Writing Style and Tone

The narrative voice in Eternity’s Wheel is intimate, urgent, and laced with dry humor. Told in first person through Joey’s perspective, the language captures the thoughts of a teenager burdened with immense responsibility. His inner monologue is conversational, occasionally sardonic, but always emotionally sincere. This voice balances exposition-heavy science fiction concepts with the emotional weight of the character’s journey.
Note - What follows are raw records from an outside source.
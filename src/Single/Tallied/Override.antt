-- ===== src/Single/Tallied/Override.antt =====
-- Overriding the delegates' votes keeps the ballots and the tally in step.
use dao_contracts.Prelude.{
  ℕ, ◌≡◌, refl, ◌∙◌, if-cases, ok-injective, not, Option, none, some, List, [], ◌∷◌, arith, ◌==◌,
  Outcome, ok, >>=-eq-ok, Option-cases, inl, inr,
}
use mathlib.Core.Path.{subst}
use dao_contracts.Cosmwasm.{Addr, StdError, sub128}
use dao_contracts.Voting.Votes.{Votes, remove_vote}
use dao_contracts.Voting.Votes.Tally.{remove_vote_removes}
use dao_contracts.Single.State.{Ballot, Chain, DelegationResponse}
use dao_contracts.Single.Ballots.{find, put, tally-put}
use dao_contracts.Single.Delegates.{
  Tallies, calculate_delegated_vp, take_back, override_delegate, override_delegates,
  handle_delegate_vote_override,
}
use dao_contracts.Single.Tallied.{Balanced, power_of, individual_of}

pub Balanced-refl : (id : ℕ) (t : Tallies) → Balanced id t t
Balanced-refl id t = record {
  balance = λ o. refl;
  others = λ j o n. refl;
  individual = λ j o. refl;
}

Balanced-trans : (id : ℕ) (t u v : Tallies) → Balanced id t u → Balanced id u v → Balanced id t v
Balanced-trans id t u v a b = record {
  balance = λ o. omega (arith, a.balance o, b.balance o);
  others = λ j o n. b.others j o n ∙ a.others j o n;
  individual = λ j o. b.individual j o ∙ a.individual j o;
}

same :
    (id : ℕ) {t t' : Tallies} → ◌≡◌ {A = Outcome StdError Tallies} (ok t) (ok t') → Balanced id t t'
same id {t} e = subst (λ u. Balanced id t u) (ok-injective e) (Balanced-refl id t)

-- A ballot loses what the tally loses.
lower_ballot-Balanced :
    (id : ℕ) (a : Addr) (b : Ballot) (t : Tallies) (reduction power : ℕ) (votes : Votes)
    → find id a t.ballots ≡ some b
    → sub128 {E = StdError} b.power reduction ≡ ok power
    → remove_vote {E = StdError} b.vote reduction t.votes ≡ ok votes
    → Balanced id t
        (record { ballots = put id a (record b { power = power }) t.ballots; votes = votes })
lower_ballot-Balanced id a b t reduction power votes found lowered removed = record {
  balance = λ o. ground (
    arith,
    tally-put power_of id id o a (record b { power = power }) t.ballots,
    remove_vote_removes {E = StdError} b.vote o reduction t.votes votes removed,
  );
  others =
      λ j o n. ground (arith, tally-put power_of id j o a (record b { power = power }) t.ballots);
  individual = λ j o.
      ground (arith, tally-put individual_of id j o a (record b { power = power }) t.ballots);
}

module _ (chain : Chain) (dm : Addr) (id height individual : ℕ) where
  take_back-Balanced :
      (d : DelegationResponse) (b : Ballot) (t t' : Tallies)
      → find id d.delegate t.ballots ≡ some b
      → take_back chain dm id height individual d b t ≡ ok t'
      → Balanced id t t'
  unfolding take_back
  take_back-Balanced d b t t' found h =
      let (vp, _, h') = >>=-eq-ok (calculate_delegated_vp individual d.percent) _ h in
      let (r, _, h'') = >>=-eq-ok (chain.power_reduction dm id height d.delegate vp) _ h' in
      elim (if-cases (r == 0) _ _ h'') [
        | inl (_, e) ↦ same id e
        | inr (_, h3) ↦
            let (power, lowered, h4) = >>=-eq-ok (sub128 b.power r) _ h3 in
            let (votes, removed, e) = >>=-eq-ok (remove_vote b.vote r t.votes) _ h4 in
            subst (λ u. Balanced id t u) (ok-injective e)
              (lower_ballot-Balanced id d.delegate b t r power votes found lowered removed)
      ]

  override_delegate-Balanced :
      (d : DelegationResponse) (t t' : Tallies)
      → override_delegate chain dm id height individual d t ≡ ok t'
      → Balanced id t t'
  unfolding override_delegate
  override_delegate-Balanced d t t' h = elim (if-cases (not d.active) _ _ h) [
    | inl (_, e) ↦ same id e
    | inr (_, h') ↦ elim (Option-cases (find id d.delegate t.ballots)) [
      | inl unvoted ↦ same id (rw unvoted at h')
      | inr (b, found) ↦ take_back-Balanced d b t t' found (rw found at h')
    ]
  ]

  override_delegates-Balanced :
      (ds : List DelegationResponse) (t t' : Tallies)
      → override_delegates chain dm id height individual ds t ≡ ok t'
      → Balanced id t t'
  unfolding override_delegates
  override_delegates-Balanced [] t t' h = same id h
  override_delegates-Balanced (d ∷ ds) t t' h =
      let (u, hu, h') = >>=-eq-ok (override_delegate chain dm id height individual d t) _ h in
      Balanced-trans id t u t' (override_delegate-Balanced d t u hu)
        (override_delegates-Balanced ds u t' h')

pub override-Balanced :
    (chain : Chain) (delegator : Addr) (dm : Option Addr) (id height individual : ℕ)
    (t t' : Tallies)
    → handle_delegate_vote_override chain delegator dm id height individual t ≡ ok t'
    → Balanced id t t'
unfolding handle_delegate_vote_override
override-Balanced chain delegator none id height individual t t' h = same id h
override-Balanced chain delegator (some dm) id height individual t t' h =
    let (ds, _, h') = >>=-eq-ok (chain.delegations dm delegator height) _ h in
    override_delegates-Balanced chain dm id height individual ds t t' h'
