-- ===== src/Single/Tallied/Voting.antt =====
-- A vote keeps the invariant.
use dao_contracts.Prelude.{
  ℕ, ◌≡◌, ◌≢◌, refl, sym, ap, ok_or, Bool, true, false, Option, some, List, arith, String, ok,
  >>=-eq-ok, guard-eq-ok, map_err-eq-ok, ok_or-eq-ok, ok-injective,
}
use mathlib.Core.Path.{subst}
use dao_contracts.Cosmwasm.{Addr, BlockInfo, CwUtils}
use dao_contracts.Voting.Votes.{Vote, Votes, get, add_vote}
use dao_contracts.Voting.Votes.Tally.{add_vote_adds}
use dao_contracts.Single.Proposal.{SingleChoiceProposal, update_status}
use dao_contracts.Single.Proposal.Update.{update_status-sets}
use dao_contracts.Single.State.{Ballot, State, ContractError, Chain, std, std_or, no_such_proposal}
use dao_contracts.Single.Messages.{SubMsg}
use dao_contracts.Single.Ballots.{find, put, tally, tally-put, counted}
use dao_contracts.Single.Delegates.{
  Tallies, VotingPowerWithDelegation, get_voting_power_with_delegation,
}
use dao_contracts.Single.Contract.Vote.{
  retract, override_if_first, is_none, count_vote, execute_vote, save_proposal,
}
use dao_contracts.Single.Tallied.{IsTallied, Balanced, power_of, individual_of}
use dao_contracts.Single.Tallied.Retract.{Retracted, retract-Retracted}
use dao_contracts.Single.Tallied.Override.{Balanced-refl, override-Balanced}

module _ (cw : CwUtils) (chain : Chain) (block : BlockInfo) where
  override_if_first-Balanced :
      (first : Bool) (sender : Addr) (id : ℕ) (p : SingleChoiceProposal) (individual : ℕ)
      (t t' : Tallies)
      → override_if_first cw chain block first sender id p individual t ≡ ok t'
      → Balanced id t t'
  unfolding override_if_first
  override_if_first-Balanced false sender id p individual t t' h =
      subst (λ u. Balanced id t u) (ok-injective h) (Balanced-refl id t)
  override_if_first-Balanced true sender id p individual t t' h =
      override-Balanced chain sender p.delegation_module id p.start_height individual t t'
        (map_err-eq-ok std _ h)

-- What a counted vote leaves: the tallies of its proposal are the sums of the ballots, if they were
-- before, and the sums of the other proposals have not changed.
pub record Counted (id : ℕ) (prop p : SingleChoiceProposal) (s s' : State) : Type 0 where
  pub votes :
      (o : Vote)
      → get prop.votes o ≡ tally power_of id o s.ballots
      → get p.votes o ≡ tally power_of id o s'.ballots
  pub individual_votes :
      (o : Vote)
      → get prop.individual_votes o ≡ tally individual_of id o s.ballots
      → get p.individual_votes o ≡ tally individual_of id o s'.ballots
  pub others :
      (j : ℕ) (o : Vote)
      → id ≢ j
      → (tally power_of j o s'.ballots ≡ tally power_of j o s.ballots)
        × (tally individual_of j o s'.ballots ≡ tally individual_of j o s.ballots)

module _ (sender : Addr) (id : ℕ) (ballot : Ballot) (prop p0 : SingleChoiceProposal) (s : State)
    (t : Tallies) (v w : Votes)
    (retracted : (o : Vote) → Retracted prop (find id sender s.ballots) o p0)
    (overridden : Balanced id
      (record { ballots = put id sender ballot s.ballots; votes = p0.votes })
      t)
    (voted : add_vote {E = ContractError} ballot.vote ballot.power t.votes ≡ ok v)
    (individually : add_vote {E = ContractError} ballot.vote ballot.individual_power
        p0.individual_votes
      ≡ ok w) where
  count_votes_lem :
      Counted id prop
        (record p0 { votes = v; individual_votes = w })
        s
        (record s { ballots = t.ballots })
  count_votes_lem = record {
    votes = λ o before. ground (
      arith,
      retracted o,
      overridden.balance o,
      tally-put power_of id id o sender ballot s.ballots,
      add_vote_adds ballot.vote o ballot.power t.votes v voted,
    );
    individual_votes = λ o before. ground (
      arith,
      retracted o,
      overridden.individual id o,
      tally-put individual_of id id o sender ballot s.ballots,
      add_vote_adds ballot.vote o ballot.individual_power p0.individual_votes w individually,
    );
    others = λ j o n. ground (
      arith,
      overridden.others j o n,
      overridden.individual j o,
      tally-put power_of id j o sender ballot s.ballots,
      tally-put individual_of id j o sender ballot s.ballots,
    );
  }

pub Counted-refl : (id : ℕ) (p : SingleChoiceProposal) (s : State) → Counted id p p s s
Counted-refl id p s = record {
  votes = λ o e. e;
  individual_votes = λ o e. e;
  others = λ j o n. (refl, refl);
}

-- Saving a proposal under its id, with the ballots that belong to it.
pub save-IsTallied :
    (id : ℕ) (prop p p' : SingleChoiceProposal) (s s' : State)
    → IsTallied s
    → s.proposals id ≡ some prop
    → Counted id prop p s s'
    → s'.proposal_count ≡ s.proposal_count
    → p'.votes ≡ p.votes
    → p'.individual_votes ≡ p.individual_votes
    → IsTallied (record s' { proposals = save_proposal s.proposals id p' })
save-IsTallied id prop p p' s s' inv known c count same_votes same_individual = record {
  votes = λ j o.
      let before : get prop.votes o ≡ tally power_of id o s.ballots =
        rw known at (inv.votes id o) in
      ground (arith, before, inv.votes j o, c.votes o before, c.others j o);
  individual_votes = λ j o.
      let before : get prop.individual_votes o ≡ tally individual_of id o s.ballots =
        rw known at (inv.individual_votes id o) in
      ground (arith, before, inv.individual_votes j o, c.individual_votes o before, c.others j o);
  fresh = λ j h. ground (arith, inv.fresh j);
}

module _ (cw : CwUtils) (chain : Chain) (block : BlockInfo) where
  count_vote-Counted :
      (sender : Addr) (id : ℕ) (vote : Vote) (rationale : Option String)
      (power : VotingPowerWithDelegation) (prop p : SingleChoiceProposal) (s s' : State)
      → count_vote cw chain block sender id vote rationale power prop s ≡ ok (p, s')
      → Counted id prop p s s' × (s'.proposal_count ≡ s.proposal_count)
  unfolding count_vote
  count_vote-Counted sender id vote rationale power prop p s s' h =
      let last = find id sender s.ballots in
      let ballot : Ballot = record {
        power = power.total;
        individual_power = power.individual;
        vote = vote;
        rationale = rationale;
      } in
      let (p0, retracted, h1) = >>=-eq-ok (retract prop vote last) _ h in
      let (t, overridden, h2) =
        >>=-eq-ok
          (override_if_first cw chain block (is_none last) sender id p0 power.individual
            (record { ballots = put id sender ballot s.ballots; votes = p0.votes }))
          _ h1 in
      let (v, voted, h3) = >>=-eq-ok (add_vote vote power.total t.votes) _ h2 in
      let (w, individually, e) =
        >>=-eq-ok (add_vote vote power.individual p0.individual_votes) _ h3 in
      let c =
        count_votes_lem sender id ballot prop p0 s t v w
          (λ o. retract-Retracted prop p0 vote o last retracted)
          (override_if_first-Balanced cw chain block (is_none last) sender id p0 power.individual _
            t overridden)
          voted individually in
      let pair = ok-injective e in
      subst
        (λ (r : SingleChoiceProposal × State).
          Counted id prop r.0 s r.1 × (r.1.proposal_count ≡ s.proposal_count))
        pair (c, refl)

-- A vote that is accepted keeps every tally equal to the sum of the ballots, whether it is a first
-- vote, a changed one, or one that takes power back from delegates.
pub execute_vote-IsTallied :
    (cw : CwUtils) (chain : Chain) (block : BlockInfo) (sender : Addr) (id : ℕ) (vote : Vote)
    (rationale : Option String) (s s' : State) (msgs : List SubMsg)
    → IsTallied s
    → execute_vote cw chain block sender id vote rationale s ≡ ok (s', msgs)
    → IsTallied s'
unfolding execute_vote
execute_vote-IsTallied cw chain block sender id vote rationale s s' msgs inv h =
    let (prop, known, h1) = >>=-eq-ok (ok_or (s.proposals id) (no_such_proposal id)) _ h in
    let (_, h2) = guard-eq-ok _ _ _ h1 in
    let (power, _, h3) =
      >>=-eq-ok
        (std_or (
          get_voting_power_with_delegation chain prop.delegation_module s.config.dao sender id
            prop.start_height))
        _ h2 in
    let (_, h4) = guard-eq-ok _ _ _ h3 in
    let (r, counted, h5) =
      >>=-eq-ok (count_vote cw chain block sender id vote rationale power prop s) _ h4 in
    let (p, updated, e) = >>=-eq-ok (std_or (update_status cw r.0 block)) _ h5 in
    let (c, count) =
      count_vote-Counted cw chain block sender id vote rationale power prop r.0 s r.1 counted in
    let sets = update_status-sets cw r.0 p block (map_err-eq-ok std _ updated) in
    subst IsTallied (ap (λ (x : State × List SubMsg). x.0) (ok-injective e)) (
      save-IsTallied id prop r.0 p s r.1 inv (ok_or-eq-ok _ _ known) c count
        (sym (ap (λ (q : SingleChoiceProposal). q.votes) sets))
        (sym (ap (λ (q : SingleChoiceProposal). q.individual_votes) sets)))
The tone is a delicate interplay of high-stakes intensity and introspective melancholy. While the overarching plot deals with cosmic-scale threats and breakneck dimension-hopping action, the tone is grounded in personal grief, determination, and moments of adolescent wonder. The pacing is brisk, with terse chapters and cliffhanger endings that reflect the breathless nature of Joey’s mission. The prose is clear, cinematic, and efficient, often veering into poetic resonance when describing the surrealities of multiverse travel or the aching losses endured by the characters.